RAW DATA ▸
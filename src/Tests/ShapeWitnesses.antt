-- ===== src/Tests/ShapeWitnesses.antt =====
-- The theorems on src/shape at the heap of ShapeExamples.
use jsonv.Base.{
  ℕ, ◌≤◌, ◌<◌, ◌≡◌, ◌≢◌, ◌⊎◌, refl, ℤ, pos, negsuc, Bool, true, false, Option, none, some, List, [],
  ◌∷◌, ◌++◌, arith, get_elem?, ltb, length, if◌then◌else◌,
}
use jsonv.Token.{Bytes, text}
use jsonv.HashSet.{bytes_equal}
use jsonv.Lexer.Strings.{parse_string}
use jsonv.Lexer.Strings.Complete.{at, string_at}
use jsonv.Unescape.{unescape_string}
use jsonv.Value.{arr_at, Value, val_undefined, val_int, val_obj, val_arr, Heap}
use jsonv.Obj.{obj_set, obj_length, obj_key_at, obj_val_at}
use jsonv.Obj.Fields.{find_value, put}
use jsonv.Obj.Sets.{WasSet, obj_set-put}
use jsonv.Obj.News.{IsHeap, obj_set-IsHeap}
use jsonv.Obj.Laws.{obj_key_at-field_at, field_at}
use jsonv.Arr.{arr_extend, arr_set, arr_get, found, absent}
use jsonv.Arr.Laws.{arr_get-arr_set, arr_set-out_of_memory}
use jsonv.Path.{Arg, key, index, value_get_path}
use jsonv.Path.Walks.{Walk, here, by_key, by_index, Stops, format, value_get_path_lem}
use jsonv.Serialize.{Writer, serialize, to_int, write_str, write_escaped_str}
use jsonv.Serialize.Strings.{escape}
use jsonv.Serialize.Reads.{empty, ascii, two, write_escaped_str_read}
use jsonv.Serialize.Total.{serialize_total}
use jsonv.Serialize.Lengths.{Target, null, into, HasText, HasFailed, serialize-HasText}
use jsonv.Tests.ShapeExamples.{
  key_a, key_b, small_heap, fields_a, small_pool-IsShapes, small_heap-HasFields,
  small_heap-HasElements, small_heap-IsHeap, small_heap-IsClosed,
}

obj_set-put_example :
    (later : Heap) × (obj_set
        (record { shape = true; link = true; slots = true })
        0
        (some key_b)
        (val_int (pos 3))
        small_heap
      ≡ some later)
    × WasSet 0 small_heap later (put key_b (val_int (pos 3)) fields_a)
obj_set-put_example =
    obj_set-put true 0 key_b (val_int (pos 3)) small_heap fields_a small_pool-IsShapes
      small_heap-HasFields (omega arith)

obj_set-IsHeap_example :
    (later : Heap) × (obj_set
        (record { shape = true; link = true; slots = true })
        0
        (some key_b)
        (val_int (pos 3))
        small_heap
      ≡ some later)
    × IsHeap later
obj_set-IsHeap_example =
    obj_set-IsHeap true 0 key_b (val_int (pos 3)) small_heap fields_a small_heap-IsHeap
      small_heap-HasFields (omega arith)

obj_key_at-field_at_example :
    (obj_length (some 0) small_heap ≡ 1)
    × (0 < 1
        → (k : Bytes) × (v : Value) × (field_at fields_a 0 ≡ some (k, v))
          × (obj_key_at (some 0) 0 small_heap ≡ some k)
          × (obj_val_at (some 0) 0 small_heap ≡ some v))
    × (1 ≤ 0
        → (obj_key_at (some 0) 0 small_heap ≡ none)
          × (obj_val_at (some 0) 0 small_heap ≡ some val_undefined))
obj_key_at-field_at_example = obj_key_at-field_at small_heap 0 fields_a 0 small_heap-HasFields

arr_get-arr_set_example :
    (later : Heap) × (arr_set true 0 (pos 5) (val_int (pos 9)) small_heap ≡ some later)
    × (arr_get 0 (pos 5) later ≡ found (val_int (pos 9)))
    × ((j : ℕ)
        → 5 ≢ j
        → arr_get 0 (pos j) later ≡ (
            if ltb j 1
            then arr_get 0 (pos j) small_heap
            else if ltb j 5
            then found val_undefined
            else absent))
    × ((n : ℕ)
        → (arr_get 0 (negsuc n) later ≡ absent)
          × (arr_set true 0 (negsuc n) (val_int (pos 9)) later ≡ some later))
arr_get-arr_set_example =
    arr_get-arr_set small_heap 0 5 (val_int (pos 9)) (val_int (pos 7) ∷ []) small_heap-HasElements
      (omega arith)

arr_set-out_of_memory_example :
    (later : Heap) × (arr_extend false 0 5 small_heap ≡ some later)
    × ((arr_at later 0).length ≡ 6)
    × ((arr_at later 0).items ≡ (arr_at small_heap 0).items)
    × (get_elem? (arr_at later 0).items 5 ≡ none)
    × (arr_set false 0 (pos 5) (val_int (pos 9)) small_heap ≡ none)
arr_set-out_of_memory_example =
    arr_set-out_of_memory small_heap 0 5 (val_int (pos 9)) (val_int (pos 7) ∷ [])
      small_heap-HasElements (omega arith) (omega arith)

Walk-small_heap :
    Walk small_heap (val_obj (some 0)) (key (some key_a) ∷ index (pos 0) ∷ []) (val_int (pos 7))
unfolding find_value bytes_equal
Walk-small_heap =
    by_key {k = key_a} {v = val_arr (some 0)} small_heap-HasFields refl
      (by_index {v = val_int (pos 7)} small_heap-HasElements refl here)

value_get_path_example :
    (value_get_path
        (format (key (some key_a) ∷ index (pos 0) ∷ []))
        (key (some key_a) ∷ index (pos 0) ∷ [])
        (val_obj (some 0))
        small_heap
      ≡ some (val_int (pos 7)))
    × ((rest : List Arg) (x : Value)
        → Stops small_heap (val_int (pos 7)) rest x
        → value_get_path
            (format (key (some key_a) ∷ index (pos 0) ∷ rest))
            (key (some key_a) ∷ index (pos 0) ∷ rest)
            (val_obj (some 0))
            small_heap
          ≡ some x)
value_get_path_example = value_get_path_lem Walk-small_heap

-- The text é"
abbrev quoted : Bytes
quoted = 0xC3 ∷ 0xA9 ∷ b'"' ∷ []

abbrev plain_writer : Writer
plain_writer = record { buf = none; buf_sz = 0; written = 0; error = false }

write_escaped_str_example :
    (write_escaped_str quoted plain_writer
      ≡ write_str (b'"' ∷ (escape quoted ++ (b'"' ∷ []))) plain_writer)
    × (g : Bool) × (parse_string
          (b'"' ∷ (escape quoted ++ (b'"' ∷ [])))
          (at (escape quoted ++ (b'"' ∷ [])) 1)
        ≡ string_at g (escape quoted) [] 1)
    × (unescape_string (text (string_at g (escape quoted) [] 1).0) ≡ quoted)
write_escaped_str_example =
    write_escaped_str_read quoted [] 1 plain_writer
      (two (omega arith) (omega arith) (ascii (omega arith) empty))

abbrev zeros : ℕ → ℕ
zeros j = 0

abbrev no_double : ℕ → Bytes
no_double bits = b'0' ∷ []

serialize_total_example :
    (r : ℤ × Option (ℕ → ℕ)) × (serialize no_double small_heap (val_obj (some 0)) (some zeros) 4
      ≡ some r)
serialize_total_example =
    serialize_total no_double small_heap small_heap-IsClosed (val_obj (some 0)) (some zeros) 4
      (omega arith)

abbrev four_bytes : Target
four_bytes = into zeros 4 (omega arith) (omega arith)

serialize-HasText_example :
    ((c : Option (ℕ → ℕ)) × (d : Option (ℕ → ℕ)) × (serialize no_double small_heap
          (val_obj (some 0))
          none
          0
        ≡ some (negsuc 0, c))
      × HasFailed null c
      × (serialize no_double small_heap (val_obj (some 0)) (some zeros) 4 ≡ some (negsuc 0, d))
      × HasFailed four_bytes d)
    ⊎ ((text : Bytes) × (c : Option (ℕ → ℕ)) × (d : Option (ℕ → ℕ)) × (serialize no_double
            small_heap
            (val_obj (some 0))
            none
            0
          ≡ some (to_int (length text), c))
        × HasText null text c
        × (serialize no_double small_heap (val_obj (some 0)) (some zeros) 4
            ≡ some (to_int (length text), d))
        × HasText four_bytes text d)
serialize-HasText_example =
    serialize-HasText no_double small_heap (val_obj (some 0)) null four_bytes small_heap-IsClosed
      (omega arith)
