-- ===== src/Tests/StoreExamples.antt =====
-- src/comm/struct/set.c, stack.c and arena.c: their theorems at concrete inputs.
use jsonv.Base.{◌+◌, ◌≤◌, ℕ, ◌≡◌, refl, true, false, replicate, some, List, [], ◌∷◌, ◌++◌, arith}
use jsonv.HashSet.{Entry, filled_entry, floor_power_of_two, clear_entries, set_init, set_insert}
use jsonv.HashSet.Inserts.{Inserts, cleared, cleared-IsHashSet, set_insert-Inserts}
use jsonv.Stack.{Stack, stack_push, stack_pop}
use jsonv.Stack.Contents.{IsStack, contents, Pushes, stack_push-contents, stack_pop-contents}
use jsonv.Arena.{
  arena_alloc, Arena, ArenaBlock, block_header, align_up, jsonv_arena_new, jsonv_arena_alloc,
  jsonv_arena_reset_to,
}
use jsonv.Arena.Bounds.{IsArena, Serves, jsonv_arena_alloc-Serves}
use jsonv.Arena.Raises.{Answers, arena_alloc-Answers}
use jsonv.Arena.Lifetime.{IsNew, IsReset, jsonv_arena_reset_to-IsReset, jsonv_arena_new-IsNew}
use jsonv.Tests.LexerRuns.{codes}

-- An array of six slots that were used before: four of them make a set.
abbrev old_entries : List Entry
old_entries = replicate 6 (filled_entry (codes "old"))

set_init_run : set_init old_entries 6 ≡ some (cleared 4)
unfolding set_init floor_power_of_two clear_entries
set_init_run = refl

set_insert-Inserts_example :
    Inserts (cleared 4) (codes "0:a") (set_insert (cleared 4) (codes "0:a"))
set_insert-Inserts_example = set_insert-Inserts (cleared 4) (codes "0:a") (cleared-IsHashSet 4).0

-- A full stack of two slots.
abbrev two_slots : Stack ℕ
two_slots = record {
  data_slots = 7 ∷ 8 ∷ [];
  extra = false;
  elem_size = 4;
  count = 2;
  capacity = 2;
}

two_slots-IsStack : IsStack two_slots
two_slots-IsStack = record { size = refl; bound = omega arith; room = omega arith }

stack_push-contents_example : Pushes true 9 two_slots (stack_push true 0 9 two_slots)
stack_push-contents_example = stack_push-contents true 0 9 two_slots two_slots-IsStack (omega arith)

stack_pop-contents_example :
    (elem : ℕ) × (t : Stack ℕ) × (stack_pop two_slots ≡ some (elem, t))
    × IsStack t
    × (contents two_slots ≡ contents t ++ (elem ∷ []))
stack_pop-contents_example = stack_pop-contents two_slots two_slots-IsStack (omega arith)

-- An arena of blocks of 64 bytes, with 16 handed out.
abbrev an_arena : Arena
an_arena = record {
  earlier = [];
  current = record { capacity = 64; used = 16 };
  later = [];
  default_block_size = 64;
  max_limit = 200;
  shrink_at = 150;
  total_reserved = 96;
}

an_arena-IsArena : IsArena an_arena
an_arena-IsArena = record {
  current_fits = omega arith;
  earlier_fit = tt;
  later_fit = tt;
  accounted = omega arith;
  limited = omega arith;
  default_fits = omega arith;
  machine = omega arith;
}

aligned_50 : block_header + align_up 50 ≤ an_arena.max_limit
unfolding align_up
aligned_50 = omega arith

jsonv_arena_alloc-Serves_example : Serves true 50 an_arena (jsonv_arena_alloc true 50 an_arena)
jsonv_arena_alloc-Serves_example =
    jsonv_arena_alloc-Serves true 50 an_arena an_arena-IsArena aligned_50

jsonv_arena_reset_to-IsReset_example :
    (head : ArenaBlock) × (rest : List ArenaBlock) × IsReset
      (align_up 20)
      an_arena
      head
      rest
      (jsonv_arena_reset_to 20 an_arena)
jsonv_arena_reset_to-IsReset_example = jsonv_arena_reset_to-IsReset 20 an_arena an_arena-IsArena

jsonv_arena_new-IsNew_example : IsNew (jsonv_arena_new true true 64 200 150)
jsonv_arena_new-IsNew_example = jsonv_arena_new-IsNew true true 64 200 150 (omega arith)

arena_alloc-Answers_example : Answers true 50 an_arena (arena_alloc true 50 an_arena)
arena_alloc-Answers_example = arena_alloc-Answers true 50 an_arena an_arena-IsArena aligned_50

--

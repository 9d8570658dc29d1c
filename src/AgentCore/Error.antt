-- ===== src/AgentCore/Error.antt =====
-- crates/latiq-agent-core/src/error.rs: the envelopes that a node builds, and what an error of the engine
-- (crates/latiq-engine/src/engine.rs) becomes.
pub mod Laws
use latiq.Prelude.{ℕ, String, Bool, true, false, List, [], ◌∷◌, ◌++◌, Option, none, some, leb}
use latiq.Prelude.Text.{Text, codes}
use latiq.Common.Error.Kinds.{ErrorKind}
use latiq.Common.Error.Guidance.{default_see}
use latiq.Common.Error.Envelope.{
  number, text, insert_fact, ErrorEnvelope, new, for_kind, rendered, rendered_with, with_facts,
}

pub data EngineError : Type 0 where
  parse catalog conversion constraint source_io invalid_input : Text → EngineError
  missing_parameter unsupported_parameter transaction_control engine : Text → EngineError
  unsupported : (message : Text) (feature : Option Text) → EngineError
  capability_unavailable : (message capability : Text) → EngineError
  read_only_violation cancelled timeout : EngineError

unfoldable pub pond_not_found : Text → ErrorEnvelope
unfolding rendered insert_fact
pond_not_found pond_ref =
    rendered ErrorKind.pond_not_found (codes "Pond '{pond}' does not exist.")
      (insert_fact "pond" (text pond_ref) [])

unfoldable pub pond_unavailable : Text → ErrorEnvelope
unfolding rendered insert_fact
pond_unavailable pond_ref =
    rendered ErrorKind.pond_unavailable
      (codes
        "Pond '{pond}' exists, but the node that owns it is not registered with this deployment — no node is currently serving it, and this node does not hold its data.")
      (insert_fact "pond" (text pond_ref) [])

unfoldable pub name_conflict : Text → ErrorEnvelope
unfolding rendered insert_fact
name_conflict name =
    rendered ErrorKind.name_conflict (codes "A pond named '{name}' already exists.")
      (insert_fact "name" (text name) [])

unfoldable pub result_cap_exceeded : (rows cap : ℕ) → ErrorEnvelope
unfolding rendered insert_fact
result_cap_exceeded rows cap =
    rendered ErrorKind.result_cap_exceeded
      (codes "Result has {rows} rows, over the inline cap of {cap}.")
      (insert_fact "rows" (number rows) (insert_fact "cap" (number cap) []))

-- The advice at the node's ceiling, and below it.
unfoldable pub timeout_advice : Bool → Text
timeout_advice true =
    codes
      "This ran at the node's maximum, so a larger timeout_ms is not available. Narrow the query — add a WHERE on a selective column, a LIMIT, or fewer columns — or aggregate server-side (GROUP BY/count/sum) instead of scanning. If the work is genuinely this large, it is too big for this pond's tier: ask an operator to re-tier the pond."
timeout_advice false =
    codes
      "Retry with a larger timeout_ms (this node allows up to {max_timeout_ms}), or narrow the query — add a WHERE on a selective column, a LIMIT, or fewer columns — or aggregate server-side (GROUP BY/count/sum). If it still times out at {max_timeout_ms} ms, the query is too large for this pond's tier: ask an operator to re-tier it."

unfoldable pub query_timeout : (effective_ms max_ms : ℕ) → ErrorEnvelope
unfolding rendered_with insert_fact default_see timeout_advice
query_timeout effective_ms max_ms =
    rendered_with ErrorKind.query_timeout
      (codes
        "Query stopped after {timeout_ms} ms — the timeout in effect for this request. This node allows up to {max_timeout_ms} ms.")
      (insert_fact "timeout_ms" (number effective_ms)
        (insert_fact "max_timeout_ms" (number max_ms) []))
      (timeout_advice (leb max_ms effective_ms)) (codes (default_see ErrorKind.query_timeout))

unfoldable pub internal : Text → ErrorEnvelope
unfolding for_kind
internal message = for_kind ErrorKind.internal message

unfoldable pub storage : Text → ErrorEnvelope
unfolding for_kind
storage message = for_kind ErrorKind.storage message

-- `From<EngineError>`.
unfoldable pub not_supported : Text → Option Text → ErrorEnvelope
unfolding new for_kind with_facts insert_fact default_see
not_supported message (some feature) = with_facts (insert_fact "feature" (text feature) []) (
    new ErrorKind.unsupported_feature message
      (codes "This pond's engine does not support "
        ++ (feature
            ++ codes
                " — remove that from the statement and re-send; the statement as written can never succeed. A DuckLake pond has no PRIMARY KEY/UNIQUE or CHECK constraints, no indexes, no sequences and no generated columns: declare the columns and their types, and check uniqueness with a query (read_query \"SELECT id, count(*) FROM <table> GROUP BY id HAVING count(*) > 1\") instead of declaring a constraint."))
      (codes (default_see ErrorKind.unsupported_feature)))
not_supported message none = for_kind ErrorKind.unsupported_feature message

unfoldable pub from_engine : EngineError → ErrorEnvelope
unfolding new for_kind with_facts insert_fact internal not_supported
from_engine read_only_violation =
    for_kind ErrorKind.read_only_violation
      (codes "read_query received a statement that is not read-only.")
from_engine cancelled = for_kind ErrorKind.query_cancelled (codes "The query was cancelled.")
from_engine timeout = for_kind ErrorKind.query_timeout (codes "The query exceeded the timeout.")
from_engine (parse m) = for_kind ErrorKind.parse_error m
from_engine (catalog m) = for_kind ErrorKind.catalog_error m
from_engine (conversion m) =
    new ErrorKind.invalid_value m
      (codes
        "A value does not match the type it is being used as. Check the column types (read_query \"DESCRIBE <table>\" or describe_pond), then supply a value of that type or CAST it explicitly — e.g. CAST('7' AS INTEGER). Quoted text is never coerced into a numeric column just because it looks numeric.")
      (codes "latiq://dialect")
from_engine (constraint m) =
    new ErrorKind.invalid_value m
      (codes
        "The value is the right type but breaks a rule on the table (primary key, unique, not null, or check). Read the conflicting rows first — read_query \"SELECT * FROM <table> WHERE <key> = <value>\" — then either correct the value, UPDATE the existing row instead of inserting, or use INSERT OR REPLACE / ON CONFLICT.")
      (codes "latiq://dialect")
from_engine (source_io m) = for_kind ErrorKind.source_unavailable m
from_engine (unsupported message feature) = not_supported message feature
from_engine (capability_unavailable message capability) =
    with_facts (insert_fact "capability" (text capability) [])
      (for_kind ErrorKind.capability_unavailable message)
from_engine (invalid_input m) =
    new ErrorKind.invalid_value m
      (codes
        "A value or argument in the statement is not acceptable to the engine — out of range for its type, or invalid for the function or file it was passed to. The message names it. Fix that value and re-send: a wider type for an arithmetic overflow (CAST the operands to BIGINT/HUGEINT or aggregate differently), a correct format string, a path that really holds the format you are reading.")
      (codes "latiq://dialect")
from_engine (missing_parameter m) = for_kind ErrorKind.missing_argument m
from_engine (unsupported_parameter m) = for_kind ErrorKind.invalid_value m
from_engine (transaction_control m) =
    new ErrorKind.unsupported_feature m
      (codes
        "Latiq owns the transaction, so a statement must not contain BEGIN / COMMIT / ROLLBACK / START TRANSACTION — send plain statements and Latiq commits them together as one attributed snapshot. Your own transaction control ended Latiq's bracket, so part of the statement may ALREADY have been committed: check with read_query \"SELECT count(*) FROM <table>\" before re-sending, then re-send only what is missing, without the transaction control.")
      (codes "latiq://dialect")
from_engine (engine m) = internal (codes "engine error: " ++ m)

--

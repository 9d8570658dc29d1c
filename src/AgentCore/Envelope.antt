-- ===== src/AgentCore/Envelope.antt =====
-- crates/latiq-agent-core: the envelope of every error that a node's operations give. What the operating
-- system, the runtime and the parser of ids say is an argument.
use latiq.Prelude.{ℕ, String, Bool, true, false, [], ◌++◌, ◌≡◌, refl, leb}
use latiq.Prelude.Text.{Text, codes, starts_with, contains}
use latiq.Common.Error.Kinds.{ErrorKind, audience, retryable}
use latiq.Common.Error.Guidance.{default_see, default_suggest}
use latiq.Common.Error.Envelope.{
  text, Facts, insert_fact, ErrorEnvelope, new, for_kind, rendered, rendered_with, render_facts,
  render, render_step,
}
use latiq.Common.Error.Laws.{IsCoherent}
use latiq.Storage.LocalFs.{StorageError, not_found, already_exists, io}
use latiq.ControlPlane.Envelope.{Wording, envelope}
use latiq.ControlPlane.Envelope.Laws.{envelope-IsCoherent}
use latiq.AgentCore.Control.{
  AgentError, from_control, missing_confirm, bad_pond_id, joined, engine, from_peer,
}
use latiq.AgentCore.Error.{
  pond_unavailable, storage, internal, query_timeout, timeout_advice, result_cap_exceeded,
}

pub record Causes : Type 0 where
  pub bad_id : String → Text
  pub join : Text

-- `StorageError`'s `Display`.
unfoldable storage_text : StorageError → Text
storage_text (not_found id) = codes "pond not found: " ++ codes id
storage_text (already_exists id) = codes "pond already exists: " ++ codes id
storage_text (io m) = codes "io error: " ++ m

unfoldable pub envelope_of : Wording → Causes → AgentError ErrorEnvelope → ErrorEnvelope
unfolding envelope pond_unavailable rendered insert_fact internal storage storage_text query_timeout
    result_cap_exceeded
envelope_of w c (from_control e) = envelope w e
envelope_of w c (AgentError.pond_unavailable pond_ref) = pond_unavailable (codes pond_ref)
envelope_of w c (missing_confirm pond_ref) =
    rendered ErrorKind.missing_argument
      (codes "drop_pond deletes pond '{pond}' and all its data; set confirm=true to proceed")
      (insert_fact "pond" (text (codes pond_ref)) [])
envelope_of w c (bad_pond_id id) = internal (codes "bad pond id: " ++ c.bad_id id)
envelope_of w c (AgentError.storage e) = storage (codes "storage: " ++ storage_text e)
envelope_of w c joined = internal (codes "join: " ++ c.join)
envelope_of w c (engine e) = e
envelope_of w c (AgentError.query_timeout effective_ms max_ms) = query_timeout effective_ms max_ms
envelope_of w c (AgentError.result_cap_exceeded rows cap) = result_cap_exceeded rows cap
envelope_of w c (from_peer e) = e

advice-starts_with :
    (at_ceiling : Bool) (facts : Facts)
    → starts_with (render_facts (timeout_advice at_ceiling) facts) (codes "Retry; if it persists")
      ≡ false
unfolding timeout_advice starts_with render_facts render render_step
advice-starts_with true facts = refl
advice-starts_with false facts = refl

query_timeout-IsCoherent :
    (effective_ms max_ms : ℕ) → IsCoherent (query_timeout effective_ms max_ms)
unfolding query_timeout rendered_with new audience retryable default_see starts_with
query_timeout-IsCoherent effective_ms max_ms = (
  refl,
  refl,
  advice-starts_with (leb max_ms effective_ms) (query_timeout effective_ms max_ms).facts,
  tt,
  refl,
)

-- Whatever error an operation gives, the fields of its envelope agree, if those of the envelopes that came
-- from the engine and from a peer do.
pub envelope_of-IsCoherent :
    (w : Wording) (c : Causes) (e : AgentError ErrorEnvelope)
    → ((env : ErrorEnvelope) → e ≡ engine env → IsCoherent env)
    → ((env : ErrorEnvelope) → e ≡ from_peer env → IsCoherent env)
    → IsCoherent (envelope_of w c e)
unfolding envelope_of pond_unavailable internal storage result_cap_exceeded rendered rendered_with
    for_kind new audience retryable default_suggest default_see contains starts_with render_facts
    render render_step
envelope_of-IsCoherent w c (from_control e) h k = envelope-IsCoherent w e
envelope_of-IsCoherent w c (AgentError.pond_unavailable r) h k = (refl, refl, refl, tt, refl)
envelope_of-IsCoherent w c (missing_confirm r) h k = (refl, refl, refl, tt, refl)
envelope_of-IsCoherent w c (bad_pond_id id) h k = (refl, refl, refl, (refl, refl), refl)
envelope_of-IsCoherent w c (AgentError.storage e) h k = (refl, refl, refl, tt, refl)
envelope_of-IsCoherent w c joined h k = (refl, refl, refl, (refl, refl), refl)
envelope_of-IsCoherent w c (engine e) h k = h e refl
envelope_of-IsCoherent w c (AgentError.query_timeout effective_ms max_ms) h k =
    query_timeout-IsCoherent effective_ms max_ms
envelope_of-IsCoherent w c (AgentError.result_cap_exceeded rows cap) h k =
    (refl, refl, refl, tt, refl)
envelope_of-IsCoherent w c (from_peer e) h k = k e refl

WHAT IS BEING ASKED ▸ Among the entries above, the line containing "envelope_of-IsCoherent w c (from_control", the line containing "envelope_of-IsCoherent w c (missing_confirm", and all lines between them are to be restated word for word; nothing else belongs in the reply.

ANSWER SPACE ▸
envelope_of-IsCoherent w c (from_control e) h k = envelope-IsCoherent w e
envelope_of-IsCoherent w c (AgentError.pond_unavailable r) h k = (refl, refl, refl, tt, refl)
envelope_of-IsCoherent w c (missing_confirm r) h k = (refl, refl, refl, tt, refl)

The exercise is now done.